So it WAS true. Holy ....ing ...., this makes me so ....ing happy! 

EDIT: There's a couple of things that bum me out, though. The fact the 277 Semihollow only comes with P90s (the Breaking Benjamin fanboy in me would have went ....ing ballistic if it had humbuckers), and the solidbody only comes in red and sunburst.  I would have liked the trans black on the solidbody.


----------



## AngstRiddenDreams (Nov 10, 2015)

I love my Custom 24 SE but it might be sold for the semi hollow. Dam you PRS. 
If this had the vintage tremolo I would cum


----------



## Riffer (Nov 10, 2015)

Glad you guys are digging the 277s!!! They both sound incredible. I'm in the beginning and end of the solid body 277 video just riffing around. Both 277s are probably my favorite guitar at the moment of the SE line. 







> =HeHasTheJazzHands;4473878]So it WAS true. Holy ....ing ...., this makes me so ....ing happy!
> 
> EDIT: There's a couple of things that bum me out, though. The fact the 277 Semihollow only comes with P90s (the Breaking Benjamin fanboy in me would have went ....ing ballistic if it had humbuckers), and the solidbody only comes in red and sunburst.  I would have liked the trans black on the solidbody.

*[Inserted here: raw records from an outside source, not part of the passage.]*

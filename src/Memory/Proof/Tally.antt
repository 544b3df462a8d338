-- ===== src/Memory/Proof/Tally.antt =====
-- What the parts of the tracked calls do to the report and the counters: the removal and the record of
-- an address (cstructures/src/memory.c).
use cstructures.Prelude.{
  ℕ, suc, ◌+◌, ◌%◌, ◌^◌, ◌≤◌, ◌<◌, ◌≡◌, refl, sym, subst, false, Option, none, some, List, ◌∷◌,
  ◌>>=◌, Returns, Returns->>=, arith, length,
}
use cstructures.Buffer.{Allocator}
use cstructures.HashMap.Struct.{HashMap, Status}
use cstructures.HashMap.Find.{hashmap_erase}
use cstructures.HashMap.Insert.{hashmap_insert}
use cstructures.Memory.Struct.{
  Tracker, add64, encode64, report_info, info_bytes, allocated, count_rehash,
}
use cstructures.Memory.Track.{use_bytes, forget_info, forget, record_info}
use cstructures.Memory.Valid.{size_of, release, total, Listed, Tracks}
use cstructures.Memory.Proof.Ledger.{total-release, release_absent, info_bytes-report_info}
use cstructures.Memory.Proof.Listed.{Listed-light, insert-Listed, Unlisted, erase-Unlisted}

-- The tracker within a call, with the numbers of allocations and deallocations.
pub record Tallied (m : Tracker) (live : List (ℕ × ℕ)) (room allocs deallocs : ℕ) : Type 0 where
  pub listed : Listed m.report live room
  pub tracking : m.ignore_hm_malloc ≡ false
  pub used : m.bytes_in_use ≡ total live
  pub fits : total live < 2 ^ 64
  pub peak : m.bytes_in_use ≤ m.bytes_in_use_peak
  pub allocs_are : m.allocations ≡ allocs
  pub deallocs_are : m.deallocations ≡ deallocs

forget_info-Tallied :
    (m : Tracker) (live : List (ℕ × ℕ)) (room p allocs deallocs : ℕ) (r : Option ℕ × HashMap)
    → Tallied m live room allocs deallocs
    → Unlisted m.report live room p r
    → Returns (forget_info m r) (λ m'. Tallied m' (release p live) room allocs deallocs)
unfolding forget_info
forget_info-Tallied m live room p allocs deallocs (none, u) t (same, absent) =
    rw (release_absent p live absent) (record {
      listed = subst (λ hm. Listed hm live room) (sym same) t.listed;
      tracking = t.tracking;
      used = t.used;
      fits = t.fits;
      peak = t.peak;
      allocs_are = t.allocs_are;
      deallocs_are = t.deallocs_are;
    })
forget_info-Tallied m live room p allocs deallocs (some off, u) t (s, e, value, l) =
    let bound = t.listed.bounded p s e in
    let sum = total-release p s live e in
    let read : info_bytes (report_info p s) ≡ s = info_bytes-report_info p s bound.1 in
    rw (value, ◌>>=◌, read)
      (record {
        listed = l;
        tracking = t.tracking;
        used = omega (arith, t.used, t.fits, sum);
        fits = omega (arith, t.fits, sum);
        peak = omega (arith, t.used, t.fits, t.peak, sum);
        allocs_are = t.allocs_are;
        deallocs_are = t.deallocs_are;
      })

pub forget-Tallied :
    (m : Tracker) (live : List (ℕ × ℕ)) (room p allocs deallocs : ℕ)
    → Tallied m live room allocs deallocs
    → p < 2 ^ 64
    → Returns (forget m p) (λ m'. Tallied m' (release p live) room allocs deallocs)
unfolding forget
forget-Tallied m live room p allocs deallocs t small =
    Returns->>= (hashmap_erase m.report (encode64 p)) (forget_info m)
      (Unlisted m.report live room p) _ (erase-Unlisted m.report live room p t.listed small)
      (λ r h. forget_info-Tallied m live room p allocs deallocs r t h)

pub record_info-Tallied :
    (a : Allocator) (m : Tracker) (live : List (ℕ × ℕ)) (room p size allocs deallocs : ℕ)
    → Tallied m live (suc room) allocs deallocs
    → p < 2 ^ 64
    → size + total live < 2 ^ 64
    → size_of p live ≡ none
    → Returns (record_info a m p size) (λ m'. Tallied m' ((p, size) ∷ live) room allocs deallocs)
unfolding record_info count_rehash
record_info-Tallied a m live room p size allocs deallocs t small fits fresh =
    Returns->>= (hashmap_insert a m.report (encode64 p) (some (report_info p size))) _
      (λ r. Listed r.1 ((p, size) ∷ live) room) _
      (insert-Listed a m.report live room p size t.listed small (omega arith) fresh) step
  where
    step :
        (r : Status × HashMap)
        → Listed r.1 ((p, size) ∷ live) room
        → Tallied
            (count_rehash a m.report (record (use_bytes m size) { report = r.1 }))
            ((p, size) ∷ live)
            room
            allocs
            deallocs
    step r l = rw (Listed-light m.report live room t.listed) (record {
      listed = l;
      tracking = t.tracking;
      used = omega (arith, t.used);
      fits = fits;
      peak = ground arith;
      allocs_are = t.allocs_are;
      deallocs_are = t.deallocs_are;
    })

module _ (m : Tracker) (live : List (ℕ × ℕ)) (room : ℕ) where
  abbrev pub enter : Tracks m live room → Tallied m live room m.allocations m.deallocations
  enter t = record {
    listed = t.listed;
    tracking = t.tracking;
    used = t.used;
    fits = t.fits;
    peak = t.peak;
    allocs_are = refl;
    deallocs_are = refl;
  }

  abbrev pub enter_allocated :
      Tracks m live room → Tallied (allocated m) live room (add64 m.allocations 1) m.deallocations
  enter_allocated t = record {
    listed = t.listed;
    tracking = t.tracking;
    used = t.used;
    fits = t.fits;
    peak = t.peak;
    allocs_are = refl;
    deallocs_are = refl;
  }

pub leave :
    (m : Tracker) (live : List (ℕ × ℕ)) (room allocs deallocs : ℕ)
    → Tallied m live room allocs deallocs
    → allocs ≡ (deallocs + length live + 1) % 2 ^ 64
    → Tracks m live room
leave m live room allocs deallocs t e = record {
  listed = t.listed;
  tracking = t.tracking;
  used = t.used;
  fits = t.fits;
  peak = t.peak;
  balanced = omega (arith, t.allocs_are, t.deallocs_are, e);
}
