-- ===== src/Memory/Proof/Track.antt =====
-- The tracked calls keep the tracker in agreement with the live allocations (`cstructures_malloc`,
-- `cstructures_realloc` and `cstructures_free` of cstructures/src/memory.c).
use cstructures.Prelude.{
  ℕ, suc, ◌+◌, ◌%◌, ◌^◌, ◌<◌, ◌≡◌, ◌≢◌, inl, inr, refl, ap, none, some, List, ◌∷◌, done, Returns,
  Returns->>=, Returns-else, arith, length, ne→==, eq→==, ◌==◌, if◌then◌else◌,
}
use cstructures.Buffer.{Allocator}
use cstructures.Memory.Struct.{Tracker, add64, allocated, deallocated}
use cstructures.Memory.Track.{
  forget, record_info, cstructures_malloc, cstructures_realloc, cstructures_free,
}
use cstructures.Memory.Valid.{size_of, without, NullOrLive, release, total, Tracks}
use cstructures.Memory.Proof.Ledger.{length-release}
use cstructures.Memory.Proof.Tally.{
  Tallied, forget-Tallied, record_info-Tallied, enter, enter_allocated, leave,
}

module _ (a : Allocator) where
  -- `cstructures_malloc` of a tracker that knows the live allocations, where `malloc` gave a pointer
  -- that is not among them and is not null, the sizes do not overflow, and the report has room for
  -- it, does not fault. It returns the pointer, and the tracker knows it with its size.
  pub cstructures_malloc-Tracks :
      (m : Tracker) (live : List (ℕ × ℕ)) (room size p : ℕ)
      → Tracks m live (suc room)
      → p ≢ 0
      → p < 2 ^ 64
      → size + total live < 2 ^ 64
      → size_of p live ≡ none
      → Returns
          (cstructures_malloc a m size p)
          (λ r. (r.0 ≡ p) × Tracks r.1 ((p, size) ∷ live) room)
  unfolding cstructures_malloc
  cstructures_malloc-Tracks m live room size p t nonnull small fits fresh =
      Returns-else (p == 0) (done (0, m)) _ _ (ne→== p 0 nonnull) (
        Returns-else m.ignore_hm_malloc (done (p, allocated m)) _ _ t.tracking (
          Returns->>= (record_info a (allocated m) p size) _
            (λ m'. Tallied m' ((p, size) ∷ live) room (add64 m.allocations 1) m.deallocations) _
            (record_info-Tallied a (allocated m) live room p size _ _
              (enter_allocated m live (suc room) t) small fits fresh)
            (λ m' h. (refl, leave m' ((p, size) ∷ live) room _ _ h (omega (arith, t.balanced))))))

-- `cstructures_free` of a pointer that is not null and is among the live allocations that the
-- tracker knows does not fault. It frees the pointer, and the tracker knows the other live
-- allocations.
pub cstructures_free-Tracks :
    (m : Tracker) (live : List (ℕ × ℕ)) (room p s : ℕ)
    → Tracks m live room
    → p ≢ 0
    → size_of p live ≡ some s
    → Returns (cstructures_free m p) (λ r. (r.0 ≡ some p) × Tracks r.1 (release p live) room)
unfolding cstructures_free
cstructures_free-Tracks m live room p s t nonnull is_live =
    Returns->>= (if m.ignore_hm_malloc then done m else forget m p) _
      (λ m'. Tallied m' (release p live) room m.allocations m.deallocations) _
      (Returns-else m.ignore_hm_malloc (done m) (forget m p) _ t.tracking
        (forget-Tallied m live room p _ _ (enter m live room t) (t.listed.bounded p s is_live).0))
      (λ m' h. rw (ne→== p 0 nonnull) (
        refl,
        leave (deallocated m') (release p live) room m.allocations (add64 m.deallocations 1)
            (record {
              listed = h.listed;
              tracking = h.tracking;
              used = h.used;
              fits = h.fits;
              peak = h.peak;
              allocs_are = h.allocs_are;
              deallocs_are = ap (λ d. add64 d 1) h.deallocs_are;
            })
            (omega (arith, t.balanced, length-release p s live is_live)),
      ))

-- `cstructures_realloc` of a tracker that knows the live allocations, where the old pointer is null
-- or live, the new pointer is not among the other ones that the tracker knows, the sizes do not
-- overflow, and the report has room for it, does not fault. It returns the new pointer, and the
-- tracker knows it with the new size, in place of the old one. This also holds where `realloc`
-- fails and the new pointer is null, unless the tracker knows null already: the tracker then knows
-- null with the new size, and no longer the old pointer.
pub cstructures_realloc-Tracks :
    (a : Allocator) (m : Tracker) (live : List (ℕ × ℕ)) (room old_p new_size p : ℕ)
    → Tracks m live (suc room)
    → NullOrLive old_p live
    → p < 2 ^ 64
    → new_size + total (without old_p live) < 2 ^ 64
    → size_of p (without old_p live) ≡ none
    → Returns
        (cstructures_realloc a m old_p new_size p)
        (λ r. (r.0 ≡ p) × Tracks r.1 ((p, new_size) ∷ without old_p live) room)
unfolding cstructures_realloc
cstructures_realloc-Tracks a m live room old_p new_size p t old small fits fresh =
    let (count, even, h) = forgotten old in
    Returns->>= (if old_p == 0 then done (allocated m) else forget m old_p) _
      (λ m₁. Tallied m₁ (without old_p live) (suc room) count m.deallocations) _ h
      (λ m₁ h₁.
        Returns->>= (if m₁.ignore_hm_malloc then done m₁ else record_info a m₁ p new_size) _
          (λ m₂. Tallied m₂ ((p, new_size) ∷ without old_p live) room count m.deallocations) _
          (Returns-else m₁.ignore_hm_malloc (done m₁) _ _ h₁.tracking (
            record_info-Tallied a m₁ (without old_p live) room p new_size count m.deallocations h₁
              small fits fresh))
          (λ m₂ h₂. (
            refl,
            leave m₂ ((p, new_size) ∷ without old_p live) room count m.deallocations h₂ even,
          )))
  where
    -- The first part, and the number of allocations after it.
    forgotten :
        NullOrLive old_p live
        → (count : ℕ) × (count ≡ (m.deallocations + suc (length (without old_p live)) + 1) % 2 ^ 64)
          × Returns
              (if old_p == 0 then done (allocated m) else forget m old_p)
              (λ m₁. Tallied m₁ (without old_p live) (suc room) count m.deallocations)
    forgotten (inl e) =
        rw (eq→== old_p 0 e)
          (add64 m.allocations 1, omega (arith, t.balanced), enter_allocated m live (suc room) t)
    forgotten (inr (ne, (s, is_live))) = rw (ne→== old_p 0 ne) (
      m.allocations,
      omega (arith, t.balanced, length-release old_p s live is_live),
      forget-Tallied m live (suc room) old_p m.allocations m.deallocations
          (enter m live (suc room) t) (t.listed.bounded old_p s is_live).0,
    )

You can always put EMG soapbars in it if you don't want the P90 sound.


----------



## HeHasTheJazzHands (Nov 10, 2015)

That's a good point. And Lace has some mini humbucker Drop N' Gains.

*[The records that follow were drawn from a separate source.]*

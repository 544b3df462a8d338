-- ===== src/Memory/Proof/Runs.antt =====
-- A new tracker, and the tracker after any legal sequence of calls (`memory_init` and the tracked calls
-- of cstructures/src/memory.c).
use native.Mathlib.Nat.{mod-lt}
use cstructures.Prelude.{
  ℕ, ◌+◌, ◌%◌, ◌/◌, ◌≤◌, ◌<◌, ◌≡◌, refl, inl, inr, Bool, true, false, none, some, List, [], ◌∷◌,
  done, ◌>>=◌, Returns, Returns->>=, arith, length, eq→==, ne→==, if◌then◌else◌,
}
use cstructures.Prelude.Word.{word}
use cstructures.Buffer.{Allocator}
use cstructures.Hash.Bounds.{hash32_combine-lt}
use cstructures.HashMap.Struct.{HashMap, Status, exists, ok, oom, hashmap_init_with_options}
use cstructures.HashMap.Proof.Init.{Initialized, hashmap_init_with_options-Initialized}
use cstructures.HashMap.Proof.Room.{unused_all}
use cstructures.Memory.Struct.{
  Tracker, pointer_size, info_size, report_table_count, report_hash, initialized, failed,
  memory_init, decode64,
}
use cstructures.Memory.Track.{cstructures_malloc, cstructures_realloc, cstructures_free}
use cstructures.Memory.Report.{memory_get_num_allocs, memory_get_memory_usage}
use cstructures.Memory.Valid.{total, Tracks, report_limit}
use cstructures.Memory.Calls.{
  Call, malloc, realloc, free, perform, perform_all, session, live_after, live_after_all, Legal,
  AllLegal, additions,
}
use cstructures.Memory.Proof.Track.{
  cstructures_malloc-Tracks, cstructures_realloc-Tracks, cstructures_free-Tracks,
}

pub report_hash-lt : (key : List ℕ) → report_hash key < word
unfolding report_hash
report_hash-lt key =
    hash32_combine-lt (decode64 key % word) (decode64 key / word) (mod-lt _ (omega arith))

-- The outcome of the set-up: a tracker without live allocations, whose report has room for all
-- addresses up to its limit; or the flag is left set, as the allocator refused.
abbrev pub Started : Allocator → Bool × Tracker → Type 0
Started a (true, m) = Tracks m [] report_limit
Started a (false, m) =
    (m.ignore_hm_malloc ≡ true) × (m.report.storage ≡ none) × ((n : ℕ) × (a.malloc n ≡ none))

pub initialized-Tracks :
    (a : Allocator) (hm : HashMap)
    → Initialized a pointer_size info_size report_table_count report_hash (ok, hm)
    → Tracks (initialized hm) [] report_limit
initialized-Tracks a hm (valid, (keys, values, table, hash), used, clear) = record {
  listed = record {
    valid = valid;
    keys = keys;
    values = values;
    distinct = tt;
    bounded = λ p s e. cc;
    leads = λ p lt q has. has.1.0 (clear q (omega (arith, has.0, table)));
    only = λ q lt used. absurd (used.0 (clear q (omega (arith, table))));
    counted = used;
    table = table;
    spare = omega (arith, unused_all hm (λ q lt. clear q (omega (arith, table))), table);
    light = omega arith;
  };
  tracking = refl;
  used = refl;
  fits = omega arith;
  peak = omega arith;
  balanced = refl;
}

-- `memory_init` does not fault: it leaves a tracker that knows that nothing is live, or says that it
-- failed, with the flag set, as the allocator refused.
pub memory_init-Started : (a : Allocator) → Returns (memory_init a) (Started a)
unfolding memory_init
memory_init-Started a =
    Returns->>= (hashmap_init_with_options a pointer_size info_size report_table_count report_hash)
      _ (Initialized a pointer_size info_size report_table_count report_hash) (Started a)
      (hashmap_init_with_options-Initialized a pointer_size info_size report_table_count report_hash
        (omega arith) (omega arith) (omega arith) (omega arith) (omega arith) report_hash-lt)
      (λ r h. outcome r.0 r.1 h)
  where
    outcome :
        (st : Status) (hm : HashMap)
        → Initialized a pointer_size info_size report_table_count report_hash (st, hm)
        → Started a (elim st [
          | ok ↦ (true, initialized hm)
          | exists ↦ (false, failed hm)
          | oom ↦ (false, failed hm)
        ])
    outcome ok hm h = initialized-Tracks a hm h
    outcome oom hm h = (refl, h.0, h.1)
    outcome exists hm h = absurd h

-- Room that is not needed.
Tracks-weaken :
    {m : Tracker} {live : List (ℕ × ℕ)} {room less : ℕ}
    → Tracks m live room
    → less ≤ room
    → Tracks m live less
Tracks-weaken t le = record {
  listed = record {
    valid = t.listed.valid;
    keys = t.listed.keys;
    values = t.listed.values;
    distinct = t.listed.distinct;
    bounded = t.listed.bounded;
    leads = t.listed.leads;
    only = t.listed.only;
    counted = t.listed.counted;
    table = t.listed.table;
    spare = omega (arith, t.listed.spare);
    light = omega (arith, t.listed.light);
  };
  tracking = t.tracking;
  used = t.used;
  fits = t.fits;
  peak = t.peak;
  balanced = t.balanced;
}

null_answer :
    (a : Allocator) (m : Tracker) (size p : ℕ) → p ≡ 0 → cstructures_malloc a m size p ≡ done (0, m)
unfolding cstructures_malloc
null_answer a m size p e = rw (eq→== p 0 e)

module _ (a : Allocator) where
  perform-Tracks :
      (m : Tracker) (live : List (ℕ × ℕ)) (room : ℕ) (call : Call)
      → Tracks m live (additions (call ∷ []) + room)
      → Legal live call
      → Returns (perform a m call) (λ m'. Tracks m' (live_after live call) room)
  unfolding perform
  perform-Tracks m live room (malloc size p) t (inl null) =
      rw (null_answer a m size p null, eq→== p 0 null) (Tracks-weaken t (omega arith))
  perform-Tracks m live room (malloc size p) t (inr (nonnull, small, fits, fresh)) =
      Returns->>= (cstructures_malloc a m size p) _
        (λ r. (r.0 ≡ p) × Tracks r.1 ((p, size) ∷ live) room) _
        (cstructures_malloc-Tracks a m live room size p (Tracks-weaken t (omega arith)) nonnull
          small fits fresh)
        (λ r h. rw (ne→== p 0 nonnull) h.1)
  perform-Tracks m live room (realloc old_p new_size p) t (old, (nonnull, small, fits, fresh)) =
      Returns->>= (cstructures_realloc a m old_p new_size p) _ (λ r. (r.0 ≡ p) × _) _
        (cstructures_realloc-Tracks a m live room old_p new_size p (Tracks-weaken t (omega arith))
          old small fits fresh)
        (λ r h. h.1)
  perform-Tracks m live room (free p) t (nonnull, (s, is_live)) =
      Returns->>= (cstructures_free m p) _ (λ r. (r.0 ≡ some p) × _) _
        (cstructures_free-Tracks m live room p s (Tracks-weaken t (omega arith)) nonnull is_live)
        (λ r h. h.1)

additions-cons :
    (call : Call) (calls : List Call)
    → additions (call ∷ calls) ≡ additions (call ∷ []) + additions calls
additions-cons (malloc size p) calls = omega arith
additions-cons (realloc old_p new_size p) calls = omega arith
additions-cons (free p) calls = omega arith

module _ (a : Allocator) where
  -- A legal sequence of calls does not fault, from a tracker that knows the live allocations and has
  -- room for the calls that may add one. The tracker knows the live allocations after it.
  pub perform_all-Tracks :
      (calls : List Call) (m : Tracker) (live : List (ℕ × ℕ)) (room : ℕ)
      → Tracks m live (additions calls + room)
      → AllLegal live calls
      → Returns (perform_all a m calls) (λ m'. Tracks m' (live_after_all live calls) room)
  unfolding perform_all
  perform_all-Tracks [] m live room t legal = Tracks-weaken t (omega arith)
  perform_all-Tracks (call ∷ calls) m live room t (legal, later) =
      Returns->>= (perform a m call) (λ m'. perform_all a m' calls)
        (λ m'. Tracks m' (live_after live call) (additions calls + room)) _
        (perform-Tracks a m live (additions calls + room) call
          (Tracks-weaken t (omega (arith, additions-cons call calls))) legal)
        (λ m' h. perform_all-Tracks calls m' (live_after live call) room h later)

  -- What a caller may ask, once the tracker started.
  abbrev pub Answers : List (ℕ × ℕ) → Bool × Tracker → Type 0
  Answers live (true, m) =
      (memory_get_num_allocs m ≡ length live)
      × (memory_get_memory_usage m ≡ total live)
      × (memory_get_memory_usage m ≤ m.bytes_in_use_peak)
  Answers live (false, m) = (n : ℕ) × (a.malloc n ≡ none)

  -- From `memory_init` on, after any sequence of calls with at most 2868 that may add an address,
  -- nothing has faulted; the number of allocations that the tracker tells is that of the live ones,
  -- and the memory usage that it tells is the sum of their sizes, which is at most the peak. Or
  -- `memory_init` said that it failed, as the allocator refused. The caller reallocates null or
  -- what is live and frees only what is live; the C library gives pointers that are not live,
  -- `malloc` may give null and `realloc` does not, and the sizes of the live allocations do not
  -- overflow in sum.
  pub session-Answers :
      (calls : List Call)
      → additions calls ≤ report_limit
      → AllLegal [] calls
      → Returns (session a calls) (Answers (live_after_all [] calls))
  unfolding session memory_get_num_allocs memory_get_memory_usage
  session-Answers calls few legal =
      Returns->>= (memory_init a) _ (Started a) _ (memory_init-Started a) (λ r h. go r.0 r.1 h)
    where
      go :
          (b : Bool) (m : Tracker)
          → Started a (b, m)
          → Returns
              (if b then (perform_all a m calls >>= λ m'. done (true, m')) else done (b, m))
              (Answers (live_after_all [] calls))
      go false m h = h.2
      go true m h =
          Returns->>= (perform_all a m calls) _ (λ m'. Tracks m' (live_after_all [] calls) 0) _
            (perform_all-Tracks calls m [] 0 (Tracks-weaken h (omega arith)) legal)
            (λ m' t. (t.listed.counted, t.used, t.peak))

Are these going to be the same price as the Mushok, or more expensive?


----------



## Riffer (Nov 10, 2015)

HeHasTheJazzHands said:


> That's a good point. And Lace has some mini humbucker Drop N' Gains.
> 
> Are these going to be the same price as the Mushok, or more expensive?

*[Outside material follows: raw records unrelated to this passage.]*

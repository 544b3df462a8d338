-- ===== src/String.antt =====
-- Strings that are read line by line and split (cstructures/src/string.c).
pub mod Struct
pub mod Lines
pub mod Tokens
pub mod Valid
pub mod Proof
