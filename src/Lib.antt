-- ===== src/Lib.antt =====
-- A verification library for ba6, a multicall binary of Unix utilities (package main of the repository).
--
-- An applet is a function from arguments to an exit status that reads files or standard input and writes
-- standard output (main.go dispatches to it by name). The applets share little state; what carries them
-- is a pure core each, and the library has one module for each applet or shared file it models:
--
--   Base          numbers, lists over them, bytes and texts, `strings.Split` and `Join`, Go results,
--                 readers and buffered writers, 64-bit integers as bit patterns
--   Base          shared: Lists, Split (strings.Split, Join), Lines (ReadString, bufio.Scanner), Int64, Results,
--                 Inputs (openInput of util.go as a parameter), Streams, Decimal,
--                 Commands (operands and exit status)
--   Tr            tr.go: Tr/Sets (inSet, forEachByte, expandClass, complementSet, unescapeByte),
--                 Tr/Expand (expandSet), Tr/Stream (runDelete, runTranslate, runSqueezeOnly),
--                 Tr/Command (cmdTr)
--   Cut           cut.go: Cut/Ranges (mergeRanges, complementRanges, inRanges), Cut/Lists (parseRanges),
--                 Cut/Select (cutPositions, cutFields), Cut/Units (the characters of a line),
--                 Cut/Command (the argument loop, setList, parseCluster), Cut/Run (cmdCut, run)
--   Head          head.go: Head/Count (parseCount), Head/Command (cmdHead, emitFirstLines)
--   Tail          tail.go: Tail (emitLastLines, emitLastBytes), Tail/Command (cmdTail, parseTailCount,
--                 followFile); Tail/Lines and Tail/Chunks are about the ring and the window
--   Uniq          uniq.go: Uniq/Key (the key of a line, uniqSkipFields), Uniq/Emit (the closure emit),
--                 Uniq/Groups (the loop), Uniq/Command (the argument loop, uniqNumber),
--                 Uniq/Run (uniqMethod and the rest of cmdUniq)
--   Xxh64         xxhash64.go: the hash, and Xxh64/Stream about writing in pieces
--   Util          util.go: Util/Options (expandShortOptions), Util/Quote (shellQuoteName, quoteForceName,
--                 quoteLocaleName), and Util/Quote/Shell about how a shell reads a word
--   TestCommand   testcmd.go: TestCommand/Operators (evalTestUnary, evalTestBinary), TestCommand/Parser (testParser),
--                 TestCommand/Run (runTestExpression, cmdTest, cmdBracket); TestCommand/Syntax has the grammar
--                 with its values, TestCommand/Termination and TestCommand/RoundTrip are about the parser
--   Zstd          zstd_raw.go: Zstd/Writer (zstdWriter), Zstd/Reader (readFrameHeader), Zstd/Blocks (readBlock,
--                 finishFrame, compact, Read); Zstd/Written, Zstd/BlockRoundTrip, Zstd/Delivery and
--                 Zstd/RoundTrip are about what is written and read back
--   Xz            xz_raw.go and lzma2Reader of lzma.go: Xz/Check (xzChecker, updateCRC64), Xz/Vli (xzVLI, readXZVLI),
--                 Xz/Writer (xzWriter), Xz/Header (readStreamHeader, parseXZBlockHeader, skipIndex), Xz/Chunks
--                 (lzma2Reader), Xz/Reader (xzReader); Xz/Written, Xz/ReadHeaders, Xz/ReadChunks, Xz/Delivery
--                 and Xz/RoundTrip are about what is written and read back, Xz/Endless about empty buffers
--   Tabs          expand.go and unexpand.go: Tabs/Stops (tabStops), Tabs/Args (parseTabArgs), Tabs/Expand
--                 (expandState), Tabs/Unexpand (unexpandState), Tabs/Run (forEachInput, cmdExpand,
--                 cmdUnexpand); Tabs/Columns, Tabs/Pending, Tabs/Rounds, Tabs/BlankRounds and Tabs/RoundTrip
--                 are about one command after the other, Tabs/NoTabs about expand twice
--
-- How the models read. A Go string or byte slice is a list of numbers (bytes). A Go `int` or `int64` that
-- can overflow is a bit pattern below 2 ^ 64 with signed comparison (Base/Int64); where a value is a
-- length or an index of a list in memory it is a plain number. An index that walks a text is the rest of
-- the text from there on. A loop is a function by clauses; one that jumps takes fuel, a round for each
-- byte, and a theorem says that this is enough. What Go refuses at run time (a slice out of order) is a
-- result of its own. Messages to standard error are data, not formatted text.
--
-- Not modelled: system calls, terminals, sockets and the file systems behind them; the applets that only
-- call those; a write error before the final `Flush`; regular expressions, which the Go library runs.
pub mod Base
pub mod Cut
pub mod Head
pub mod Tabs
pub mod Tail
pub mod TestCommand
pub mod Tr
pub mod Uniq
pub mod Util
pub mod Xxh64
pub mod Xz
pub mod Zstd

I don't know the answer to that unfortunately. A local dealer should be able to answer that once they have some I believe.


----------



## JoeGragg (Nov 10, 2015)

very nice guitar


----------



## A-Branger (Nov 10, 2015)

nice guitar, just wish PRS SE would stop making all the rings and pups in cream color and start doing them in white like a normal PRS. That would look sooo much better. Awesome guitar


----------



## HeHasTheJazzHands (Nov 10, 2015)

Pretty sure the core PRS guitars are cream as well, just not as extreme as the SEs.


----------



## austink (Nov 10, 2015)

These look killer, the hollow one really has me interested.


----------



## itll_be_ok (Nov 10, 2015)

It looks like SE 277 has almost the same specs as Mushok signature. Seems that the only differences are birds inlays, rosewood fretboard and slightly arched top. Which is cool for me because i couldn't stand the flat top on my SE Mushok.
I think that sunburst one looks nice.


----------



## Riffer (Nov 10, 2015)

itll_be_ok said:


> It looks like SE 277 has almost the same specs as Mushok signature. Seems that the only differences are birds inlays, rosewood fretboard and slightly arched top. Which is cool for me because i couldn't stand the flat top on my SE Mushok.
> I think that sunburst one looks nice.



The pickups are also completely different and have a coil tap function with the tone knob and a 3 way toggle. Also the body is a mahogany back with figured flame maple veneer over a thick maple cap top unlike Mushok which was all mahogany. Add those to the different fretboard, inlays, beveled top, no neck binding, and different color options, it's really only the bridge, neck wood, and scale length that are the same.


----------



## A-Branger (Nov 10, 2015)

HeHasTheJazzHands said:


> Pretty sure the core PRS guitars are cream as well, just not as extreme as the SEs.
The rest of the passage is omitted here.